Scaling in Scrum
The version of the PSPO I exam that I took, and didn't pass (yet), asked more than one question about how to split people into different Scrum Teams. That's scaling right? The thing is, I didn't a CTRL-find in the Scrum Guide for scale and scaling with zero results. So, what does the Scrum Guide teach us about to make several Scrum Teams? I don't think I got those questions correct and would like to learn before I take the exam again.
That should say "I did a CTRL-find..."
how to split people into different Scrum Teams. That's scaling right?
They should be encouraged to self-organize into Scrum Teams, each of which is sufficiently cross-functional to deliver feature-complete increments of release quality. When this is done well, it reduces the need to scale, in so far as there should be little work to integrate across teams.
Splitting is not necessarily scaling. In my experiences, scaling refers to more than two teams. For example, Scrum is most effective when you have a Development Team of at least three individuals. The Scrum structures are designed to coordinate the activities for this number of people or more and tend to be more overhead than necessary for an individual or two people working together. Likewise, coordinating the work between two teams is relatively straightforward, but becomes more complicated with 3, 4, and more teams.
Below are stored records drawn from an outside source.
-- ===== src/Service/Migration/Copies/Objects.antt =====
-- agent/cg-agent/src/service/migration.rs: what was done to an object of the legacy directory that was
-- restricted, and to one that was removed.
use cyber_guard_enterprise.Prelude.{
  ◌≡◌, refl, true, false, not, ◌||◌, Option, none, some, Text, text_eq_iff, ◌==◌, arith,
}
use cyber_guard_enterprise.Prelude.Results.{ok, done, guard, >>-ok, >>=-ok, guard-ok, map_err-ok}
use cyber_guard_enterprise.Custody.Security.{Handle, Information, directory, check_shape, shape_of}
use cyber_guard_enterprise.Service.Migration.Entries.{known_name, in_directory}
use cyber_guard_enterprise.Service.Migration.Host.{Record, fails, answer}
use cyber_guard_enterprise.Service.Migration.Copies.{
  Directory, show_id, id_of, is_expected, expected, check_copy, restrict_known, restrict_copy,
  remove_copy, remove_legacy_directory,
}

-- The object behind a handle is the file of that name that the migration recorded, with one link.
pub record IsRecorded (r : Record) (name : Text) (handle : Handle) : Type 0 where
  pub info : Information
  pub informs : handle.information ≡ ok info
  pub plain : info.is_reparse_point ≡ false
  pub regular : info.is_directory ≡ false
  pub one_link : info.number_of_links ≡ 1
  pub known : Text
  pub knows : known_name name ≡ some known
  pub recorded : id_of known r.files ≡ some (show_id info.id)

-- An object that was opened, found to be the recorded file through that handle, and secured.
pub record WasRestricted (d : Directory) (r : Record) (name : Text) : Type 0 where
  pub handle : Handle
  pub opens : d.copy_opened name ≡ ok handle
  pub is_recorded : IsRecorded r name handle
  pub secures : d.copy_secured name ≡ ok done

-- An object that was opened again, found to be the recorded file still, and deleted.
pub record WasRemoved (d : Directory) (r : Record) (name : Text) : Type 0 where
  pub handle : Handle
  pub reopens : d.copy_reopened name ≡ ok handle
  pub is_recorded : IsRecorded r name handle
  pub deletes : d.copy_deleted name ≡ ok done

-- The legacy directory, opened again as a directory and deleted.
pub record WasDeleted (d : Directory) : Type 0 where
  pub handle : Handle
  pub reopens : d.reopened ≡ ok handle
  pub info : Information
  pub informs : handle.information ≡ ok info
  pub plain : info.is_reparse_point ≡ false
  pub is_directory : info.is_directory ≡ true
  pub deletes : d.deleted ≡ ok done

expected-some :
    (o : Option Text) (r : Record) (id : Text)
    → is_expected (expected o r) id ≡ true
    → (known : Text) × (o ≡ some known) × (id_of known r.files ≡ some id)
expected-some none r id h = cc
expected-some (some known) r id h = (known, refl, found (id_of known r.files) h)
  where
    found : (own : Option Text) → is_expected own id ≡ true → own ≡ some id
    found none h = cc
    found (some own) h = let e = (text_eq_iff own id).0 h in cc

check_copy-IsRecorded :
    (handle : Handle) (path name : Text) (r : Record)
    → check_copy handle path name r ≡ ok done
    → IsRecorded r name handle
unfolding check_copy
check_copy-IsRecorded handle path name r h =
    let (info, informs, h) = >>=-ok handle.information _ h in
    let (regular, h) = >>-ok (guard _ _) _ h in
    let (same, one) = >>-ok (guard _ _) _ h in
    let regular = guard-ok (not (info.is_reparse_point || info.is_directory)) _ regular in
    let one = guard-ok (info.number_of_links == 1) _ one in
    let (known, knows, recorded) =
      expected-some (known_name name) r (show_id info.id) (guard-ok _ _ same) in
    record {
      info = info;
      informs = informs;
      plain = ground (arith, regular);
      regular = ground (arith, regular);
      one_link = ground (arith, one);
      known = known;
      knows = knows;
      recorded = recorded;
    }

pub restrict_copy-WasRestricted :
    (d : Directory) (name : Text) (r : Record)
    → restrict_copy d name r ≡ ok done
    → WasRestricted d r name
unfolding restrict_copy restrict_known
restrict_copy-WasRestricted d name r h = by (known_name name) h
  where
    by : (known : Option Text) → restrict_known d name r known ≡ ok done → WasRestricted d r name
    by none h = cc
    by (some known) h =
        let (goes, h) = >>-ok (answer (d.at_copy known)) _ h in
        let (handle, opens, h) = >>=-ok (d.copy_opened name) _ (map_err-ok fails _ h) in
        let (checks, secures) =
          >>-ok (check_copy handle (in_directory d.legacy_path name) name r) _ h in
        record {
          handle = handle;
          opens = opens;
          is_recorded =
              check_copy-IsRecorded handle (in_directory d.legacy_path name) name r checks;
          secures = secures;
        }

pub remove_copy-WasRemoved :
    (d : Directory) (name : Text) (r : Record)
    → remove_copy d name r ≡ ok done
    → WasRemoved d r name
unfolding remove_copy
remove_copy-WasRemoved d name r h =
    let (handle, reopens, h) = >>=-ok (d.copy_reopened name) _ h in
    let (checks, deletes) =
      >>-ok (check_copy handle (in_directory d.legacy_path name) name r) _ h in
    record {
      handle = handle;
      reopens = reopens;
      is_recorded = check_copy-IsRecorded handle (in_directory d.legacy_path name) name r checks;
      deletes = deletes;
    }

pub remove_legacy_directory-WasDeleted :
    (d : Directory) → remove_legacy_directory d ≡ ok done → WasDeleted d
unfolding remove_legacy_directory check_shape shape_of
remove_legacy_directory-WasDeleted d h =
    let (goes, h) = >>-ok (answer d.at_remove) _ h in
    let (handle, reopens, h) = >>=-ok d.reopened _ (map_err-ok fails _ h) in
    let (checks, deletes) = >>-ok (check_shape handle d.legacy_path directory) _ h in
    let (info, informs, shape) = >>=-ok handle.information _ checks in
    record {
      handle = handle;
      reopens = reopens;
      info = info;
      informs = informs;
      plain = ground (arith, shape);
      is_directory = ground (arith, shape);
      deletes = deletes;
    }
If you need to split a team, consider that the Scrum Guide says that a Development Team is self-organizing. This would allow the Development Team to decide when and how to split itself. Since a Product Owner is aligned with the product and its associated Product Backlog, there's no need to split. Likewise, there's only one Scrum Master, so it would not be a decision to split the Scrum Master but if to split the time or find a second Scrum Master.
@Thomas I have heard of a company that has multiple Agile Teams and therefore multiple of everyone, including the Scrum Master and Product Owner.
You said that the Scrum Guide says that the Development Team is self-organizing. While that's true, it also says that the Scrum Team is self-organizing, so is it wrong that the Scrum Master would be the one that splits the staff into separate Development Teams as needed?
I have looked at your test and the questions on scaling are about self organization, how the Scrum Team creates itself which is pure Scrum, not scaling as it would apply to having a group of 10 people deciding if they were 1 team or 2 on their own and what self-organization is about. The other thing I see is right out of the Scrum Guide where it asks about how many Product Owners if you have 1 product and multiple teams. As per the Scrum Guide 1 PO per Product, not team.
These are pure Scrum Theory questions and not based on scaling as others above have stated. Only 1 question that you had wrong was in any way related to the above topics. I hope this helps.
While that's true, it also says that the Scrum Team is self-organizing, so is it wrong that the Scrum Master would be the one that splits the staff into separate Development Teams as needed?
This would mean that the Scrum Team has a directing member who points out people who go to which team. A Scrum Master guides, facilitates, coaches, teaches, actively does nothing and collaborates. Directing is not one of those things.